Debería haber también un virus mortal para la codicia y la soberbia. Sí, debería existir un virus para el dinero y el poder, y no sólo para el sexo. Desde la más remota antigüedad, los seres humanos no han dejado de explotar a sus semejantes, ni de hacerse la guerra. Esto es infinitamente peor que el desenfreno y la promiscuidad, y, sin embargo, por aquellos males no han sido castigados con la crueldad y la inclemencia con que nos castigas hoy. Pero a ti, virus maldito, sólo te importa el goce que nos procuramos cuando nos excedemos, cuando vamos más allá de los límites permitidos y nos abismamos. Y entonces nos impones el castigo y, cuando no, nos recomiendas la mesura, la prudencia, la monogamia.

Alguien que conozco hace tiempo yace por tu culpa en un lecho de hospital. Yace enfermo, sin esperanza de cura.

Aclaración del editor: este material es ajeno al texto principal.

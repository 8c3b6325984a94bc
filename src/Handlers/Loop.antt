-- ===== src/Handlers/Loop.antt =====
-- The state machine from the loop over the chunks on, where nothing runs between its steps.
use data_relay_grpc.Base.{
  ℕ, suc, ◌+◌, ◌*◌, ◌%◌, ◌≤◌, ◌≡◌, refl, sym, ap, ◌∙◌, ◌⊎◌, inl, inr, Bool, true, false, List, [],
  ◌∷◌, ◌++◌, some, length, arith, Bool-cases, Option-cases, subst,
}
use data_relay_grpc.OrderedMap.{find}
use data_relay_grpc.OrderedMap.Lookup.{find-assign}
use data_relay_grpc.FileSystem.{FilePath, node, exists, append_output, remove, content_of, regular}
use data_relay_grpc.FileSystem.Laws.{find_node-put_node}
use data_relay_grpc.TagGenerator.{OpenSsl}
use data_relay_grpc.SessionStore.{word}
use data_relay_grpc.Session.{SessionImpl, Context, reserve_session_store, delete_blob_file}
use data_relay_grpc.Manager.{
  Manager, Server, compute_tag, generate_reference_tag, with_session, context, absorb,
}
use data_relay_grpc.Outcome.{Exception, is_out_of_range, Outcome, returns, throws, undefined, after}
use data_relay_grpc.Relay.{PutMetadata, PutStreamingRequest, metadata, chunk, not_set}
use data_relay_grpc.Upload.{
  PutResult, refused, stopped, write, exhausted, size_matches, receive, give_up, respond, discard,
  conclude, caught,
}
use data_relay_grpc.Upload.Stream.{with_session_found}
use data_relay_grpc.Upload.Soundness.{tag_ends}
use data_relay_grpc.Handlers.{
  Phase, reading, ended, thrown, crashed, raised, next_phase, write_stream, tag_step, discard_step,
  step, run,
}

-- the phase and the server that a call of `put` leaves
abbrev pub final : Outcome PutResult × Server → Phase × Server
final (returns r, s) = (ended r, s)
final (throws x, s) = (thrown x, s)
final (undefined, s) = (crashed, s)

-- The handler's session is there, and the file that it has opened.
pub record IsUsing (m : PutMetadata) (own : SessionImpl) (path : FilePath) (s : Server)
    : Type 0 where
  pub impl : SessionImpl
  pub there : find m.session_id s.blob_sessions ≡ some impl
  pub same : impl.session_id ≡ own.session_id
  pub file : exists s.file_system path ≡ true

Call-cases :
    {A : Type 0} (r : Outcome A × Server)
    → ((a : A) × (t : Server) × (r ≡ (returns a, t)))
      ⊎ (((x : Exception) × (t : Server) × (r ≡ (throws x, t)))
          ⊎ ((t : Server) × (r ≡ (undefined, t))))
Call-cases (returns a, t) = inl (a, t, refl)
Call-cases (throws x, t) = inr (inl (x, t, refl))
Call-cases (undefined, t) = inr (inr (t, refl))

pub raised-final : (x : Exception) (t : Server) → (raised x, t) ≡ final (caught (throws x, t))
raised-final x t = elim (Bool-cases (is_out_of_range x)) [ inl e ↦ rw e refl | inr e ↦ rw e refl ]

reserve_same :
    (bid n : ℕ) (c : Context)
    → ((reserve_session_store bid n c).1.session_id ≡ c.session_id)
      × ((reserve_session_store bid n c).1.file_system ≡ c.file_system)
unfolding reserve_session_store
reserve_same bid n c = ground arith

reserved-IsUsing :
    (m : PutMetadata) (own : SessionImpl) (path : FilePath) (bid n : ℕ) (s t : Server) {b : Bool}
    → IsUsing m own path s
    → with_session m.session_id (reserve_session_store bid n) s ≡ (returns b, t)
    → IsUsing m own path t
reserved-IsUsing m own path bid n s t {b} u e =
    let c : Context = (reserve_session_store bid n (context s u.impl)).1 in
    let (same_id, same_files) = reserve_same bid n (context s u.impl) in
    let at : absorb m.session_id s c ≡ t =
      ap (λ (r : Outcome Bool × Server). r.1)
        (sym (with_session_found m.session_id (reserve_session_store bid n) s u.impl u.there)
          ∙ e) in
    subst (IsUsing m own path) at (record {
      impl = c.impl;
      there = ground (arith, u.there, find-assign m.session_id m.session_id c.impl s.blob_sessions);
      same = same_id ∙ u.same;
      file = ap (λ fs. exists fs path) same_files ∙ u.file;
    })

write-IsUsing :
    (m : PutMetadata) (own : SessionImpl) (path : FilePath) (bytes : List ℕ) (s : Server)
    → IsUsing m own path s
    → IsUsing m own path (write path bytes s)
unfolding exists node append_output
write-IsUsing m own path bytes s u =
    let p = s.file_system.resolve path in
    record {
      impl = u.impl;
      there = u.there;
      same = u.same;
      file = ground (
        arith,
        find_node-put_node p p (regular (content_of (node s.file_system path) ++ bytes))
            s.file_system.nodes,
      );
    }

compute_tag-same :
    (o : OpenSsl) (bid : ℕ) (own impl : SessionImpl) (m : Manager)
    → impl.session_id ≡ own.session_id
    → compute_tag o bid impl m ≡ compute_tag o bid own m
unfolding compute_tag
compute_tag-same o bid own impl m e = ap (λ sid. generate_reference_tag o bid sid m) e

tag_alone :
    (o : OpenSsl) (m : PutMetadata) (own : SessionImpl) (bid : ℕ) (path : FilePath) (s : Server)
    → IsUsing m own path s
    → tag_step o m bid s ≡ final (caught (respond o own bid s))
unfolding tag_step respond
tag_alone o m own bid path s u =
    let agree = compute_tag-same o bid own u.impl s.manager u.same in
    elim (tag_ends o own bid s.manager) [
      | inl (tag, e) ↦ rw (u.there, agree, e, tag_step, respond) refl
      | inr (x, e, f) ↦ rw (u.there, agree, e, tag_step, respond) (raised-final x s)
    ]

discard_alone :
    (path : FilePath) (s : Server) → discard_step path s ≡ final (caught (discard path s))
unfolding discard_step discard
discard_alone path s = elim (Option-cases (remove s.file_system path)) [
  | inl stuck ↦ rw (stuck, discard_step, discard) refl
  | inr (fs, done) ↦ rw (done, discard_step, discard) refl
]

exhausted_alone :
    (o : OpenSsl) (m : PutMetadata) (own : SessionImpl) (bid : ℕ) (path : FilePath)
    (r : Outcome (Unit {0}) × Server)
    → next_phase (λ (_ : Unit {0}). ended (refused exhausted)) r
      ≡ final (
          caught (
            after
              (after r (λ _ t. (returns (stopped exhausted), t)))
              (conclude o m.blob_size own bid path)))
unfolding conclude
exhausted_alone o m own bid path (returns a, t) = refl
exhausted_alone o m own bid path (throws x, t) = raised-final x t
exhausted_alone o m own bid path (undefined, t) = refl

-- the loop over the chunks, and what comes after it
pub receive_alone :
    (o : OpenSsl) (m : PutMetadata) (own : SessionImpl) (rs : List PutStreamingRequest) (bid : ℕ)
    (path : FilePath) (total : ℕ) (s : Server)
    → IsUsing m own path s
    → (n : ℕ) × (n ≤ 2 * length rs + 2)
      × (run o n (reading m rs bid path total) s
          ≡ final (
              caught (
                after
                  (receive m.session_id bid path rs total s)
                  (conclude o m.blob_size own bid path))))
unfolding run step receive conclude give_up write_stream
receive_alone o m own [] bid path total s u = elim (Bool-cases (size_matches m.blob_size total)) [
  | inl fits ↦ (2, omega arith, rw fits (tag_alone o m own bid path s u))
  | inr differs ↦ (2, omega arith, rw differs (discard_alone path s))
]
receive_alone o m own (metadata x ∷ rs) bid path total s u = (1, omega arith, refl)
receive_alone o m own (not_set ∷ rs) bid path total s u = (1, omega arith, refl)
receive_alone o m own (chunk bytes ∷ rs) bid path total s u =
    elim (Call-cases (with_session m.session_id (reserve_session_store bid (length bytes)) s)) [
      | inl (true, t, e) ↦
          let v = reserved-IsUsing m own path bid (length bytes) s t u e in
          let (n, le, r) =
            receive_alone o m own rs bid path ((total + length bytes) % word) (write path bytes t)
              (write-IsUsing m own path bytes t v) in
          (suc (suc n), omega arith, rw (e, v.file) r)
      | inl (false, t, e) ↦ (
        2,
        omega arith,
        rw e
            (exhausted_alone o m own bid path (with_session m.session_id (delete_blob_file bid) t)),
      )
      | inr (inl (x, t, e)) ↦ (1, omega arith, rw e (raised-final x t))
      | inr (inr (t, e)) ↦ (1, omega arith, rw e refl)
    ]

Sabe perfectamente que en él te has alojado. Reposa en una cama y espera la muerte. La espera consciente, con humor e ironía. Tiene el rostro arrasado de los que pronto van a morir. Entretanto, conversa y bromea con los pocos amigos que le visitan. Hace casi dos meses no prueba bocado alguno. Es fuerte en su desgracia, y eso es admirable. Se sabe condenado a morir para toda la eternidad, a no ser ya nunca más. Sabe que ha empezado su cuenta regresiva. Atrás, en el pasado, quedaron los proyectos para el futuro, los planes de investigar y de escribir libros. Ya no queda tiempo para nada, sólo el compás de espera de la muerte, la lenta agonía, el reloj de arena marcando las contadas horas. Lo que no se hizo antes, no se hará jamás. Ya nada importa, porque para él todo ha perdido importancia.

Ahí lo tienes, otra víctima tuya. ¿Te complace saberlo, gozas con ello? ¿Gozas con diezmarnos, como diezman a la humanidad las guerras, el hambre y las epidemias? ¡Oh, malvado virus, nunca te sacias! Te hemos ofrecido ya demasiadas víctimas, pero tú siempre quieres más, nada te sacia.

No me alcanzarás, virus maldito, no lo lograrás. He de morir algún día, pero no por tu causa. No seré otra de tus víctimas, te lo aseguro. Si algo debo agradecerte, es que me hayas vuelto más razonable. Me cuidaré, seré precavido y cauteloso, pues sé que eres un virus engañoso y traidor que se esconde bajo las bellas formas de cuerpos deseables. No sucumbiré a tu acoso mortal. Seguiré viviendo. Resistiendo. No podrás conmigo.

(Descarga antiviral escrita hace años en otras circunstancias, pero igualmente visceral para estos días).